Mondo Candido (1975) was a strange modernization of Voltaire's Candide, and the only fiction film by "schockumentary" directors Gualtiero Jacopetti and Franco Prosperi, makers of Mondo Cane (1962).  This time, Candide not only travels through a variety of places but also time, in a very similar look and spirit to the films of Gilliam and Jodorowsky. The above sketch is of actor Gianfranco D'Angelo as the Barone.

Friday, October 14, 2011

"If I were my father. I'd have you tortured..."

Claudia Cardinale was born in Tunis to Sicilian immigrants to the Northern coast of Africa.  In 1957, she won the Italian embassy's "Most Beautiful Italian Girl in Tunisia" pageant which sent her on excursion to the Venice film festival where she began her work as an actress.  A sex symbol of the 60's, Cardinale appeared in two of my favorite western films, Once Upon a Time in the West (1968, d. Sergio Leone) and The Professionals (1966, d. Richard Brooks) as well as playing the lovely Princess Dala in Blake Edward's The Pink Panther (1963).  (Her "drunk" scene with David Niven is incredibly charming.)

Wednesday, October 12, 2011

Random Ronin...

I'm not really going to try and explain this one.  It was another drink and draw and I was drawing a blank.  Not very visually stimulating, your average blank.  Then I remembered a favorite Japanese woodblock print, so I started sketching and smearing...and eventually ended up with this cute li'l devil.  Go figure.

Monday, October 10, 2011

The Center of the Galaxy

Sagittarius, the ninth symbol of the zodiac, contains the densest part of the Milky Way as it lies near the galactic center. The Babylonians identified the symbol with Pabilsaĝ, the tutelary god of the city of Isin (now in modern Iraq).  The Greeks later associated him with Chiron who was the mythological tutor Achilles.

As a fun side note, the Greeks sometimes described centaurs as drunkards who could not handle their liquor, and yet drank all the time.  Interesting, considering what was going on when I drew this.  Not half-bad for a drawing of a horse at a gallop with no reference.

Friday, October 07, 2011

Hey There, Li'l Fella...

Another entry from one of the drawing sessions with Jason Shawn Alexander, Jim Mahfood, Dave Crosland, et al. (Yes...I'm aware that his arm's way too long...)

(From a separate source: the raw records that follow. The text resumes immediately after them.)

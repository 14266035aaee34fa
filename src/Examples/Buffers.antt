-- ===== src/Examples/Buffers.antt =====
-- Sized buffers, counted arrays and error codes at concrete values.
use tpm_rs.Prelude.{ℕ, ◌≡◌, refl, arith, List, [], ◌∷◌, ◌++◌, replicate, inl}
use tpm_rs.Outcome.{ok, err, panic}
use tpm_rs.Errors.{size as size_error, session, ErrorPosition}
use tpm_rs.Errors.Format.{AllReport, format1_parameter-for}
use tpm_rs.Marshal.Core.{prim, to_be_bytes, from_be_bytes}
use tpm_rs.Marshal.Bytes.{length-to_be_bytes, from_be_bytes-to_be_bytes}
use tpm_rs.Marshal.Lawful.{prim-Lawful}
use tpm_rs.Derive.Fields.{counted_unmarshal}
use tpm_rs.Derive.Counts.{counted_unmarshal-too_many}
use tpm_rs.Tpm2b.Simple.{Tpm2b, overlay, from_bytes, get_buffer, tpm2b_marshal}
use tpm_rs.Tpm2b.SimpleLaws.{IsSized, overlay-IsSized, marshal_panics}
use tpm_rs.Tpm2b.FromBytes.{from_bytes-get_buffer, from_bytes_too_long}
use tpm_rs.Tpm2b.Struct.{from_struct, to_struct, from_struct-to_struct}

abbrev two : List ℕ
two = 1 ∷ 2 ∷ []

abbrev two_of_four : Tpm2b
two_of_four = record { size = 2; buffer = overlay two (replicate 4 0) }

two_of_four-IsSized : IsSized 4 two_of_four
two_of_four-IsSized =
    overlay-IsSized 4 2 two refl (omega arith) (omega arith) (omega arith, (omega arith, tt))

marshal_panics_example : (tpm2b_marshal 4 two_of_four (9 ∷ 9 ∷ 9 ∷ [])).0 ≡ panic
marshal_panics_example =
    marshal_panics 4 two_of_four two_of_four-IsSized (9 ∷ 9 ∷ 9 ∷ []) (omega arith) (omega arith)

from_bytes-get_buffer_example :
    (t : Tpm2b) × (from_bytes 4 two ≡ ok t) × IsSized 4 t × (get_buffer t ≡ ok two)
from_bytes-get_buffer_example =
    from_bytes-get_buffer 4 two (omega arith) (omega arith) (omega arith, (omega arith, tt))

five_in_four : from_bytes 1 two ≡ err size_error
five_in_four = from_bytes_too_long 1 two (inl (omega arith))

from_struct-to_struct_example :
    (t : Tpm2b) × (from_struct (prim 2) 4 258 ≡ ok t)
    × IsSized 4 t
    × (to_struct (prim 2) t ≡ ok 258)
from_struct-to_struct_example =
    from_struct-to_struct (prim-Lawful 2) 4 258 (omega arith)
      (omega (arith, length-to_be_bytes 2 258)) (omega (arith, length-to_be_bytes 2 258))

too_many_example : counted_unmarshal (prim 1) 2 4 0 (to_be_bytes 2 5 ++ two) ≡ err size_error
too_many_example = counted_unmarshal-too_many (prim 1) 2 4 5 0 two (omega arith) (omega arith)

seventy_thousand : from_be_bytes (to_be_bytes 4 70000) ≡ 70000
seventy_thousand = from_be_bytes-to_be_bytes 4 70000 (omega arith)

format1_parameter-for_example : AllReport session ErrorPosition.pos1
format1_parameter-for_example = format1_parameter-for session ErrorPosition.pos1
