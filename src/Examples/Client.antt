-- ===== src/Examples/Client.antt =====
-- Runs of client/src: a command for two random bytes with a password, and its responses.
use tpm_rs.Prelude.{
  ℕ, suc, ◌+◌, ◌-◌, ◌≡◌, ◌≢◌, ◌⊎◌, refl, arith, none, some, List, [], ◌∷◌, ◌++◌, length, take, drop,
  replicate, ltb,
}
use tpm_rs.Outcome.{ok, err, panic}
use tpm_rs.Errors.{bad_parameter, tpm_unexpected}
use tpm_rs.Marshal.Core.{to_be_bytes}
use tpm_rs.Marshal.Lawful.{unit_format, unit-Lawful}
use tpm_rs.Tpm2b.Simple.{Tpm2b, overlay, default}
use tpm_rs.Tpm2b.SimpleLaws.{IsSized, overlay-IsSized}
use tpm_rs.Base.Buffers.{tpm2b_digest_capacity}
use tpm_rs.Base.Session.{
  TpmsAuthCommand, TpmsAuthResponse, tpms_auth_command_format, tpms_auth_response_format,
}
use tpm_rs.Base.Commands.Management.{
  GetRandomResp, get_random_cmd_format, get_random_cmd-Lawful, get_random_resp_format,
  get_random_resp-Lawful, startup_cmd_format, startup_cmd-Lawful,
}
use tpm_rs.Server.Crypto.{Drbg, EntropySource, Crypto, try_get_random, reseed_if_required}
use tpm_rs.Server.Requests.{request_of}
use tpm_rs.Client.Session.{
  PasswordSession, password, password_new, get_secret, rs_pw, password_command, password_validate,
  no_session,
}
use tpm_rs.Client.Session.Password.{password_command-bytes, password_validate-cases}
use tpm_rs.Client.Areas.{area_0, area_1}
use tpm_rs.Client.Command.{build_command}
use tpm_rs.Client.Command.Layout.{build_command-request_of}
use tpm_rs.Client.Emit.Laws.{filled}
use tpm_rs.Client.Response.{read_response}
use tpm_rs.Client.Response.Laws.{read_response-failed, read_response-sized}
use tpm_rs.Client.Response.Accepted.{read_response-payload}
use tpm_rs.Client.Run.{run_command, run_command_with_handles}
use tpm_rs.Client.Refused.{run_command_with_handles-refused}
use tpm_rs.Client.Interop.{
  service, buffer_4096, tail, run-get_random, response_to-request_of, get_random-two_less,
}
use tpm_rs.Client.Instances.{get_random_command, startup_command}

abbrev word : List ℕ
word = 1 ∷ 2 ∷ 3 ∷ []

password_command-bytes_example :
    (s : PasswordSession) × (password_new word ≡ ok s)
    × (get_secret s ≡ ok word)
    × tpms_auth_command_format.Valid (password_command s)
    × (tpms_auth_command_format.encode (password_command s)
        ≡ to_be_bytes 4 rs_pw ++ (to_be_bytes 2 0 ++ (0 ∷ to_be_bytes 2 (length word) ++ word)))
password_command-bytes_example =
    password_command-bytes word (omega arith) (omega arith, (omega arith, (omega arith, tt)))

-- A sized buffer with these bytes.
abbrev digest : List ℕ → Tpm2b
digest bytes = record {
  size = length bytes;
  buffer = overlay bytes (replicate tpm2b_digest_capacity 0);
}

word-IsSized : IsSized tpm2b_digest_capacity (digest word)
word-IsSized =
    overlay-IsSized tpm2b_digest_capacity 3 word refl (omega arith) (omega arith)
      (omega arith, (omega arith, (omega arith, tt)))

empty-IsSized : IsSized tpm2b_digest_capacity (digest [])
empty-IsSized = overlay-IsSized tpm2b_digest_capacity 0 [] refl (omega arith) (omega arith) tt

abbrev a_session : PasswordSession
a_session = record { auth = digest word }

abbrev its_command : TpmsAuthCommand
its_command = password_command a_session

its_command-Valid : tpms_auth_command_format.Valid its_command
unfolding tpms_auth_command_format default
its_command-Valid = (omega arith, (empty-IsSized, (omega arith, word-IsSized)))

-- The four bytes of the size of the area, the command of the session, and the parameter.
abbrev its_body : List ℕ
its_body =
    to_be_bytes 4 12
    ++ (to_be_bytes 4 0x40000009 ++ (0 ∷ 0 ∷ 0 ∷ 0 ∷ 3 ∷ 1 ∷ 2 ∷ 3 ∷ to_be_bytes 2 2))

build_command_example :
    build_command password no_session no_session
      (area_1 PasswordSession)
      get_random_command
      (record { bytes_requested = 2 })
      tt
      a_session
      (replicate 40 0)
    ≡ filled (request_of 0x8002 28 0x17B its_body) (replicate 40 0)
unfolding tpms_auth_command_format get_random_cmd_format default to_be_bytes
build_command_example =
    build_command-request_of password no_session no_session (area_1 PasswordSession)
      get_random_command get_random_cmd_format unit_format get_random_cmd-Lawful unit-Lawful
      (record { bytes_requested = 2 }) tt a_session (some its_command) none none
      ((refl, its_command-Valid), tt, tt) (omega arith) tt (omega arith) (replicate 40 0)
      (omega arith) (omega arith)

-- What a service answers to a password.
abbrev its_response : TpmsAuthResponse
its_response = record { nonce = digest []; session_attributes = 1; hmac = digest [] }

its_response-Valid : tpms_auth_response_format.Valid its_response
unfolding tpms_auth_response_format
its_response-Valid = (empty-IsSized, (omega arith, empty-IsSized))

accepted : password_validate its_response ≡ ok tt
unfolding password_validate
accepted = refl

abbrev given_bytes : GetRandomResp
given_bytes = record { random_bytes = digest word }

-- With a size of the parameters, which is not looked at, and one byte too many.
read_response-payload_example :
    read_response password no_session no_session
      (area_1 PasswordSession)
      get_random_command
      a_session
      (request_of 0x8002 25 0
        ((to_be_bytes 4 77 ++ (0 ∷ 3 ∷ 1 ∷ 2 ∷ 3 ∷ 0 ∷ 0 ∷ 1 ∷ 0 ∷ 0 ∷ 9 ∷ [])) ++ replicate 20 0))
    ≡ err tpm_unexpected
unfolding get_random_resp_format tpms_auth_response_format to_be_bytes
read_response-payload_example =
    read_response-payload password no_session no_session (area_1 PasswordSession) get_random_command
      a_session get_random_resp_format unit_format get_random_resp-Lawful unit-Lawful 0x8002 77
      given_bytes tt (some its_response) none none ((accepted, its_response-Valid), tt, tt)
      word-IsSized tt (omega arith) (9 ∷ []) (replicate 20 0) (omega arith) (omega arith)

read_response-failed_example :
    read_response no_session no_session no_session area_0 get_random_command tt
      (request_of 0x8001 3 0x101 (replicate 20 0))
    ≡ err (record { code = 0x101 })
read_response-failed_example =
    read_response-failed no_session no_session no_session area_0 get_random_command tt 0x8001 3
      0x101 (replicate 20 0) (omega arith) (omega arith) (omega arith) (λ e. omega (arith, e))

read_response-sized_example :
    read_response no_session no_session no_session area_0 get_random_command tt
      (request_of 0x8001 9 0 (replicate 20 0))
    ≡ panic
read_response-sized_example =
    read_response-sized no_session no_session no_session area_0 get_random_command tt 0x8001 9
      (replicate 20 0) (omega arith) (omega arith)

password_validate_example :
    ((password_validate its_response ≡ ok tt)
      × (its_response.nonce.size ≡ 0)
      × (its_response.session_attributes ≡ 1)
      × (its_response.hmac.size ≡ 0))
    ⊎ ((password_validate its_response ≡ err bad_parameter)
        × ((its_response.nonce.size ≢ 0)
            ⊎ (its_response.session_attributes ≢ 1)
            ⊎ (its_response.hmac.size ≢ 0)))
password_validate_example = password_validate-cases its_response

-- A generator whose bytes happen to start with a size.
abbrev lucky : Drbg ℕ
lucky = record {
  entropy_default = 0 ∷ [];
  nonce_default = 0 ∷ [];
  instantiate = λ e n p. ok 6;
  reseed = λ d e a. ok 0;
  next_u32 = λ d a. ok (d, suc d);
  next_u64 = λ d a. ok (d, suc d);
  fill_bytes = λ d a buffer. ok (suc d, 0 ∷ 3 ∷ replicate (length buffer - 2) 9);
  requires_reseeding = λ d. (ltb 200 d, d);
}

abbrev zeros : EntropySource (Unit {0})
zeros = record { instantiate_source = tt; fill_entropy = λ s dest. (dest, s) }

abbrev before : Crypto ℕ (Unit {0})
before = record { drbg = 6; entropy = tt }

abbrev after : Crypto ℕ (Unit {0})
after = record { drbg = 7; entropy = tt }

abbrev lucky_bytes : List ℕ
lucky_bytes = 0 ∷ 3 ∷ 9 ∷ 9 ∷ 9 ∷ []

given : try_get_random lucky zeros before (take 5 (drop 10 buffer_4096)) ≡ ok (after, lucky_bytes)
unfolding try_get_random reseed_if_required
given = refl

abbrev three_nines : GetRandomResp
three_nines = record { random_bytes = digest (9 ∷ 9 ∷ 9 ∷ []) }

three_nines-IsSized : IsSized tpm2b_digest_capacity (digest (9 ∷ 9 ∷ 9 ∷ []))
three_nines-IsSized =
    overlay-IsSized tpm2b_digest_capacity 3 (9 ∷ 9 ∷ 9 ∷ []) refl (omega arith) (omega arith)
      (omega arith, (omega arith, (omega arith, tt)))

lucky_run :
    run_command (service lucky zeros) get_random_command (record { bytes_requested = 5 }) before
    ≡ (ok three_nines, after)
unfolding run_command get_random_resp_format to_be_bytes
lucky_run =
    let read =
      read_response-payload no_session no_session no_session area_0 get_random_command tt
        get_random_resp_format unit_format get_random_resp-Lawful unit-Lawful 0x8001 0 three_nines
        tt none none none (tt, tt, tt) three_nines-IsSized tt (omega arith) []
        (tail lucky zeros before after 5 lucky_bytes) (omega arith) (omega arith) in
    rw
      (
        run_command,
        run-get_random lucky zeros before after 5 lucky_bytes (omega arith) given,
        response_to-request_of lucky zeros before after 5 lucky_bytes (omega arith),
        read,
      )
      refl

get_random-two_less_example : 3 + 2 ≡ 5
get_random-two_less_example =
    get_random-two_less lucky zeros before after 5 lucky_bytes three_nines after (omega arith) given
      refl (omega arith, (omega arith, (omega arith, (omega arith, (omega arith, tt))))) lucky_run

run_command_with_handles-refused_example :
    run_command_with_handles
      (service lucky zeros)
      password
      no_session
      no_session
      (area_1 PasswordSession)
      startup_command
      (record { startup_type = 0 })
      tt
      a_session
      before
    ≡ (err (record { code = 0x143 }), before)
unfolding tpms_auth_command_format startup_cmd_format default to_be_bytes
run_command_with_handles-refused_example =
    run_command_with_handles-refused lucky zeros password no_session no_session
      (area_1 PasswordSession) startup_command startup_cmd_format unit_format startup_cmd-Lawful
      unit-Lawful (record { startup_type = 0 }) tt a_session (some its_command) none none before
      ((refl, its_command-Valid), tt, tt) (omega arith) tt (omega arith) (omega arith)
      (λ e. omega (arith, e))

Wednesday, October 05, 2011

Crashing Toy Trains

This was a late entry from a late night drawing session.  And no, it was not reflective of my condition at the time.

Monday, October 03, 2011

"If I could find my head, I'd go get it examined."

Perhaps Stanley Donen's best known film, amongst a cavalcade of good ones, is Singin' in the Rain (1952), which is not only a musical that even musical-haters might enjoy, it's also a fantastic recreation of the effect that the introduction of sound had on motion pictures.  I was introduced to Donen by Saturn 3 ( 1980), which, despite a promising cast, director, a script by British novelist Martin Amis, and one of the craziest robot designs of all time, ends up being a dull throwback to cheapie 50/60's scifi movies (it's too competent to contend with the abysmally trashy fun of a Robot Monster (1953)).  But my favorite Donen vehicles, outside of the Cook & Moore spectacular Bedazzled (1967), are Donen's two Hitchock knock-offs, Charade (1963) and Arabesque (1966).  While Hitch still produced a few more films during this time, Hollywood seemed to be looking for someone to fill the suspenseful void.  Many tried, and while some are good campy fun, only Donen's really hold up and stand on their own from Hitch's mold.

The above quickie was inspired by a lobby card of Sophia Loren from Arabesque.  She's quite the stunner and far more the femme fatale foil for Gregory Peck, as compared to the chemistry of Audrey Hepburn and Cary Grant in Charade.